This made the flour so peculiar, that the people about
there never knew what it was to be well a day in all their lives.
There were so many local diseases in that vicinity, that a doctor from
twenty miles away could not have killed a patient in a week.
Hans meant well; but he had a hobby--a hobby that he did not ride:
that does not express it: it rode him.

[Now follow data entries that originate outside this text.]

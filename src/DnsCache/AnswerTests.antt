-- ===== src/DnsCache/AnswerTests.antt =====
-- Runs of the cache's keys, `put` and `lookup`, and their theorems at concrete caches.
use dimsum.Prelude.{
  ℕ, zero, suc, ◌^◌, ◌<◌, ◌≡◌, refl, ◌⊎◌, inl, inr, Bool, true, false, Option, none, some, List, [],
  ◌∷◌, ◌++◌, map, arith, get_or, take, replicate, Result, ok, Returns, loop,
}
use dimsum.Prelude.Bytes.{slice, u16, u32, bytes_eq}
use dimsum.DnsWire.Errors.{WireError}
use dimsum.DnsWire.Labels.{wire_of}
use dimsum.DnsWire.Samples.{go_dev, reply}
use dimsum.DnsWire.Name.{fold_case, contains, decode_step, decode_name}
use dimsum.DnsWire.Header.{parse_header, parse_question, request_error}
use dimsum.DnsWire.Record.{
  no_edns, read_option, options_step, read_options, add_step, add_name, decode_checked,
}
use dimsum.DnsWire.Rdata.{
  text_step, params_step, bitmap_step, rdata_name, embedded_names, name_fields, text_data,
  service_data, signature_data, denial_data, validate_rdata,
}
use dimsum.DnsWire.Scanner.{
  init, section_step, next_section, read_opt, read_record, check_record, next,
}
use dimsum.DnsWire.Message.{
  Message, visit_found, visit_step, for_records, note_authentication, scan_message, parse_request,
}
use dimsum.DnsWire.Template.{
  Template, enclosing_from, enclosing, rescan_record, follow_links, negative_cname_authority,
  survey_record, template_ttl, patch_record, template_question, template_edns, prepare_template,
}
use dimsum.DnsWire.Build.{put8, put16, put32, overwrite}
use dimsum.DnsCache.Arena.{
  Shard, slot_at, bucket, scan, find_run, set_range, take_run, allocate, remove, evict_loop, evict,
  age,
}
use dimsum.DnsCache.Store.{copy_at, fill, make_room, new_shard}
use dimsum.DnsCache.Key.{Key, bypasses, new_key, matches_question}
use dimsum.DnsCache.Key.Distinct.{IsParsed, SameQuery, new_key-SameQuery}
use dimsum.DnsCache.Put.{Cache, holds_key, find_target, clear_way, choose_target, put_shard, put}
use dimsum.DnsCache.Lookup.{
  CacheResult, miss, patch_ttls, write_reply, serve_aged, serve, scan_bucket, same_key, lookup,
}
use dimsum.DnsCache.Lookup.Fresh.{IsReadable, IsPatch, table_of, blob_of}
use dimsum.DnsCache.Lookup.Serves.{CacheLooked, lookup-CacheLooked}

program : Unit {0}
unfolding slice u16 u32 bytes_eq loop contains decode_step decode_name parse_header parse_question
    request_error read_option options_step read_options add_step add_name decode_checked text_step
    params_step bitmap_step rdata_name embedded_names name_fields text_data service_data
    signature_data denial_data validate_rdata init section_step next_section read_opt read_record
    check_record next visit_found visit_step for_records note_authentication scan_message
    parse_request enclosing_from enclosing rescan_record follow_links negative_cname_authority
    survey_record template_ttl patch_record template_question template_edns prepare_template put8
    put16 put32 bucket scan find_run set_range take_run allocate remove evict_loop evict age copy_at
    fill make_room bypasses new_key matches_question holds_key find_target clear_way choose_target
    put_shard put patch_ttls write_reply serve_aged serve scan_bucket same_key lookup
program = tt

-- The parsed query.
abbrev asked : Message
asked = record {
  question = record {
    header = record {
      id = 7;
      flags = 256;
      questions = 1;
      answers = 0;
      authorities = 0;
      additionals = 0;
    };
    name = record {
      wire = wire_of go_dev ++ (0 ∷ []);
      canonical = map fold_case (wire_of go_dev ++ (0 ∷ []));
      end = 20;
      compressed = false;
    };
    qtype = 1;
    qclass = 1;
    start = 12;
    end = 24;
    original = wire_of go_dev ++ (0 ∷ 0 ∷ 1 ∷ 0 ∷ 1 ∷ []);
  };
  edns = no_edns;
  rcode = 0;
  has_authentication = false;
}

abbrev key_of : Option Key → Key
key_of (some k) = k
key_of none = record { bytes = []; size = 0 }

-- The key of the query in namespace 0, of policy generation 1.
abbrev asked_key : Key
asked_key = key_of (new_key asked 0 1 0)

asked_has_key : new_key asked 0 1 0 ≡ some asked_key
unfolding program
asked_has_key = refl

-- One shard of eight slots over four blocks.
abbrev empty : Cache
empty = record { shards = new_shard 8 4 ∷ []; max_negative = 300 }

abbrev put_done : Result WireError (Cache × Bool) → Cache
put_done (ok r) = r.0
put_done _ = empty

-- The reply is stored at second 100.
abbrev filled : Cache
filled = put_done (put empty asked_key reply 100_000_000_000 0)

abbrev answer : Result WireError (Cache × List ℕ × CacheResult) → List ℕ × CacheResult
answer (ok r) = (take r.2.size r.1, r.2)
answer _ = ([], miss)

abbrev filled_shard : Shard
filled_shard = get_or filled.shards 0 (new_shard 0 0)

-- The last empty slot of the bucket is the target.
reply_stored : ((slot_at filled_shard 7).lifetime ≡ 60) × ((slot_at filled_shard 7).key_len ≡ 39)
unfolding program
reply_stored = (refl, refl)

abbrev buffer : List ℕ
buffer = replicate 64 255

-- Ten seconds later the answer is served for fifty seconds more.
served : answer (lookup filled asked_key asked buffer 110_000_000_000 0 30 5) ≡ (
  overwrite reply 33 (50 ∷ []),
  record { hit = true; negative = false; stale = false; stale_age = 0; size = 40 },
)
unfolding program
served = refl

-- Five seconds past its lifetime it is served as stale, for five seconds.
served_stale : answer (lookup filled asked_key asked buffer 165_000_000_000 0 30 5) ≡ (
  overwrite reply 33 (5 ∷ []),
  record { hit = true; negative = false; stale = true; stale_age = 5; size = 40 },
)
unfolding program
served_stale = refl

-- At the stale window's end it is gone.
expired : answer (lookup filled asked_key asked buffer 190_000_000_000 0 30 5) ≡ ([], miss)
unfolding program
expired = refl

-- Another policy generation has another key.
other_generation :
    answer (lookup filled (key_of (new_key asked 0 2 0)) asked buffer 110_000_000_000 0 30 5)
    ≡ ([], miss)
unfolding program
other_generation = refl

new_key-SameQuery_example :
    SameQuery asked asked × (◌≡◌ {A = ℕ} 0 0) × (◌≡◌ {A = ℕ} 1 1) × (◌≡◌ {A = ℕ} 0 0)
new_key-SameQuery_example =
    let w : IsParsed asked = record {
      qtype = omega arith;
      qclass = omega arith;
      udp_size = omega arith;
      canonical = refl;
    } in
    let lt : (0 < 2 ^ 64) × (1 < 2 ^ 64) × (0 < 2 ^ 64) = (omega arith, omega arith, omega arith) in
    new_key-SameQuery asked asked 0 0 1 1 0 0 asked_key w w lt lt asked_has_key asked_has_key

abbrev info : Template
info = record { lifetime = 60; patches = 1; negative = false }

filled-IsPatch :
    (j : ℕ)
    → j < 1
    → IsPatch 40
        (table_of (slot_at filled_shard 7) (blob_of filled_shard (slot_at filled_shard 7)))
        j
unfolding program
filled-IsPatch zero lt = (omega arith, omega arith)
filled-IsPatch (suc j) lt = absurd (omega (arith, lt))

filled-IsReadable :
    (j : ℕ)
    → ((slot_at filled_shard j).allocated ≡ 0) ⊎ IsReadable filled_shard (slot_at filled_shard j)
unfolding program
filled-IsReadable zero = inl refl
filled-IsReadable (suc zero) = inl refl
filled-IsReadable (suc (suc zero)) = inl refl
filled-IsReadable (suc (suc (suc zero))) = inl refl
filled-IsReadable (suc (suc (suc (suc zero)))) = inl refl
filled-IsReadable (suc (suc (suc (suc (suc zero))))) = inl refl
filled-IsReadable (suc (suc (suc (suc (suc (suc zero)))))) = inl refl
filled-IsReadable (suc (suc (suc (suc (suc (suc (suc zero))))))) = inr (record {
  inside = omega arith;
  room = omega arith;
  header = omega arith;
  patches = filled-IsPatch;
})
filled-IsReadable (suc (suc (suc (suc (suc (suc (suc (suc j)))))))) = inl refl

lookup-CacheLooked_example :
    Returns
      (CacheLooked filled asked_key asked buffer 110_000_000_000 0 30)
      (lookup filled asked_key asked buffer 110_000_000_000 0 30 5)
unfolding program
lookup-CacheLooked_example =
    lookup-CacheLooked filled asked_key asked buffer 110_000_000_000 0 30 5 filled-IsReadable
      (omega arith) (omega arith)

It spurred him so hard, that
the poor wretch could not pause a minute to see what he was putting
into his mill. This hobby was the purchase of jackasses. He expended
all his income in this diversion, and his mill was fairly sinking
under its weight of mortgages. He had more jackasses than he had hairs
on his head, and, as a rule, they were thinner. He was no mere amateur
collector either, but a sharp discriminating _connoisseur_. He would
buy a fat globular donkey if he could not do better; but a lank shabby
one was the apple of his eye. He rolled such a one, as it were, like a
sweet morsel under his tongue.
Hans's nearest neighbour was a worthless young scamp named Jo Garvey,
who lived mainly by hunting and fishing. Jo was a sharp-witted rascal,
without a single scruple between, himself and fortune. With a tithe of
Hans's industry he might have been almost anything; but his dense
laziness always rose up like a stone wall about him, shutting him in
like a toad in a rock.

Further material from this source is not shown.